Now align the sequences. Click on “Matrix”, “Align Multiple Sequences”, then “MUSCLE Align”. Select “No” for running on multiple threads, and then click okay. Check to see if everything is fine (depending on how related your organisms are, the alignment might also look nicer or not as nice). Then, delete any empty columns at the end of the alignment. Save the file.

Export as a Phylip (protein) file. MAKE SURE it says “protein” in parentheses next to it! You can name it something like “Gastropods_ATP6_AA.phy”. Change the number for “Maximum length of taxon names” so that you will get the whole name of the sequence in the phylip file. I usually put something large like 100 or 200 just to be safe.

You might get an error saying “Sorry, this data matrix can't be exported to this format (some character states aren't represented by a single symbol [char. 91, taxon 24])”. In that case, find the character and change the value (which will be something like “W/M/V/C”) to a “?” using the “Edit” tool. Make sure to save the file again before retrying to export.

Repeat this for every protein coding gene you want to use amino acids for.

Open RaXML GUI and load all of your alignments - the two non protein coding gene nucleotide phylip files, and the protein coding gene amino acid phylip files (or whatever applies for your analysis). Drag the first one in, then select the rest of them with the “ADD ALIGNMENT” feature.

Note
You can opt to do this part on the lab computer remotely, if you want to spare your computer! I will either do that, or have the analysis run overnight on my laptop. Depending on the capacity of your computer, this might take a really long time, it only takes a few hours on the lab computer.

Select “RUN MODELTEST” for all of them (each gene you've added should have a separate option to click "RUN MODELTEST"). Make sure you have 15 genes if you’re doing a mitogenome analysis, and make sure you have really ran the model test function for all of them.

Set the analysis to “ML + thorough bootstrap + consensus”, set Runs to 10, and keep Reps. at 100 (optionally, you can increase both numbers). Leave "<none>" as the outgroup and whatever seed RaXML decided on.

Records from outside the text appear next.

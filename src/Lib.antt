-- ===== src/Lib.antt =====
-- ren-general: a model of the general-purpose C++ library of this repository, with proofs.
--
-- The library is a set of small parts that programs link against; most stand alone. Paths
-- (filesystem.cxx) carry the log's location (annals.cxx), whose messages go through the FileOutput
-- and StandardStream of inputoutput.cxx, and throw the errors of exception.h; the timer reads the
-- clock (both in time.cxx). Each part is a tree of modules here:
--   Exception      exception.h, exception.cxx: the classes that are thrown. A call comes to a Result: a
--                  value, a thrown error, a failed assertion (abort), or fuel that ran out.
--   Filesystem     filesystem.cxx, filesystem.h. Path: PathStringIterator, Path, FilePath. Directory:
--                  DirectoryPath, with Create, the listings and Walk. Locate: the Locate functions. Access:
--                  what they ask of the system, with the temporary file.
--   Rotation       rotation.cxx, rotation.h: Angle, Quaternion and Matrix.
--   StateMachine   statemachine.cxx, statemachine.h: State::Machine, with a log of what it frees.
--   Time           time.cxx, time.h: Clock and Timer.
--   Endian         endian.h: the template for integers, signed or not.
--   Annals         annals.cxx, annals.h: AnnalsBase over the FileOutput and StandardStream of InputOutput.
--   Arrangement    arrangement.h: ManyToOneMapper, with its assertions, and Set.
--   Lifetime       lifetime.h, Sink: the namespace Sink, items, wrappers and their manager. Cleaner:
--                  the class Cleaner, with a log of what it frees. Anchor: the class Anchor. Deleter:
--                  the deleter containers, which meet the interface of Deleter/Contract.
--   Factory        factory.h: Factory, Product and ActiveFactory, with a log of what is freed.
--   Entanglement   entanglement.h: Entanglement, in a store of who points to whom, without the
--                  second constructor, which does not compile.
--   Insert         insert.h: Insert and Slot, in a store.
--   Singleton      singleton.h: Singleton.
--   Collection     collection.h: the iterables.
--   Interzord      interzord.h: Interzord and the interpolaters, with a log of what is freed.
--   Vector         vector.cxx, vector.h: Vector, and FlatVector in Vector/Flat.
--   Region         region.cxx, region.h: Region.
--   Pool           pool.h: Pool, the goods and their bindings.
--   InputOutput    inputoutput.cxx, inputoutput.h: Format: what the C++ library prints and reads for
--                  numbers, and the tokens. Memory: MemoryStream. Standard: StandardStream and
--                  StandardErrorStream. File: FileOutput over the C library's FILEs, and FileInput.
--                  Floats: the printing of floats and of what is made of them.
--   Club           club.h: Club, ActiveClub, Membership and both kinds of members, with
--                  what a club frees.
--   Color          color.cxx, color.h: Color, and ColorChain in Color/Chain.
--   Range          range.h, range.cxx: Mod, OrderF, Range and Mix. Random: the random values.
-- Base holds what the parts share, and Scalar is the type float: a type with operations and tests
-- that the modules take as a parameter. Laws of it that a theorem relies on are named (Ordered,
-- Turning, Signed, Mirroring) and are hypotheses; Scalar/Exact is an instance of them, the
-- integers.
--
-- The code is the one built without WINDOWS. A String is the list of its bytes. A class is a record
-- of its members and a method is a function from the record to the new one, named after the method
-- in lower case with underscores; objects that the code compares by address are numbers. An
-- assertion is taken to be compiled in, so what fails one is an abort. An unsigned int wraps at 2 ^
-- 32.
--
-- Loops that the source leaves by a test run on fuel. Path::Path runs on two more than the length
-- of the text, one turn for each separator and the last; AnnalsBase::Log on one more than the
-- length of the extra text, one turn for each newline and the last; no text has more of them than
-- bytes. DirectoryPath::Walk takes its fuel as an argument: a tree needs one more than two turns
-- for each directory below it. The loop by which FileInput reads a line runs on 13, since the size
-- doubles from 4096 to 10 MB in 12 turns; FixAngle takes its fuel as an argument, to be above a
-- measure that its steps lower. The loop by which a DeleterDequeue clears itself runs on one more
-- than its length, one turn for each element and the last. A loop over an IndexIterable takes its
-- fuel as an argument, for one turn more than GetCount, and so does RandomSphericalVector, whose
-- turns depend on the generator. All other loops recurse on a list.
--
-- The file system is a parameter of Directory: what readdir and mkdir answer. The environment, the
-- working directory and the temporary directory are parameters of Locate. Memory allocation does
-- not fail. The C library's files and the devices behind the streams are parameters of InputOutput.
-- How the C++ library prints a float is a parameter of InputOutput/Floats, and rand is one of
-- Range/Random. Not modelled are the reading of floats, the specialisation of Endian for Color,
-- accessors that give pointers into an object, what is built for WINDOWS, and string.h and
-- auxinclude.h, which only name types.
pub mod Annals
pub mod Arrangement
pub mod Base
pub mod Club
pub mod Collection
pub mod Color
pub mod Endian
pub mod Entanglement
pub mod Exception
pub mod Factory
pub mod Filesystem
pub mod InputOutput
pub mod Insert
pub mod Interzord
pub mod Lifetime
pub mod Pool
pub mod Range
pub mod Region
pub mod Rotation
pub mod Scalar
pub mod Singleton
pub mod StateMachine
pub mod Time
pub mod Vector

Run the analysis (bottom right corner of the top right window -  sometimes you need to expand the program window to find it).
I usually open a youtube window and set an i.e. 10h timer video so my computer doesn't go to sleep while it's computing.

Once the analysis is done, find the output file that ends in ".support" and change the suffix to ".tre", so you can open the file in Figtree.

In Figtree, to see the results with the bootstrap results, check off "Node Labels" and in the drop-down menu for "Display", choose "labels".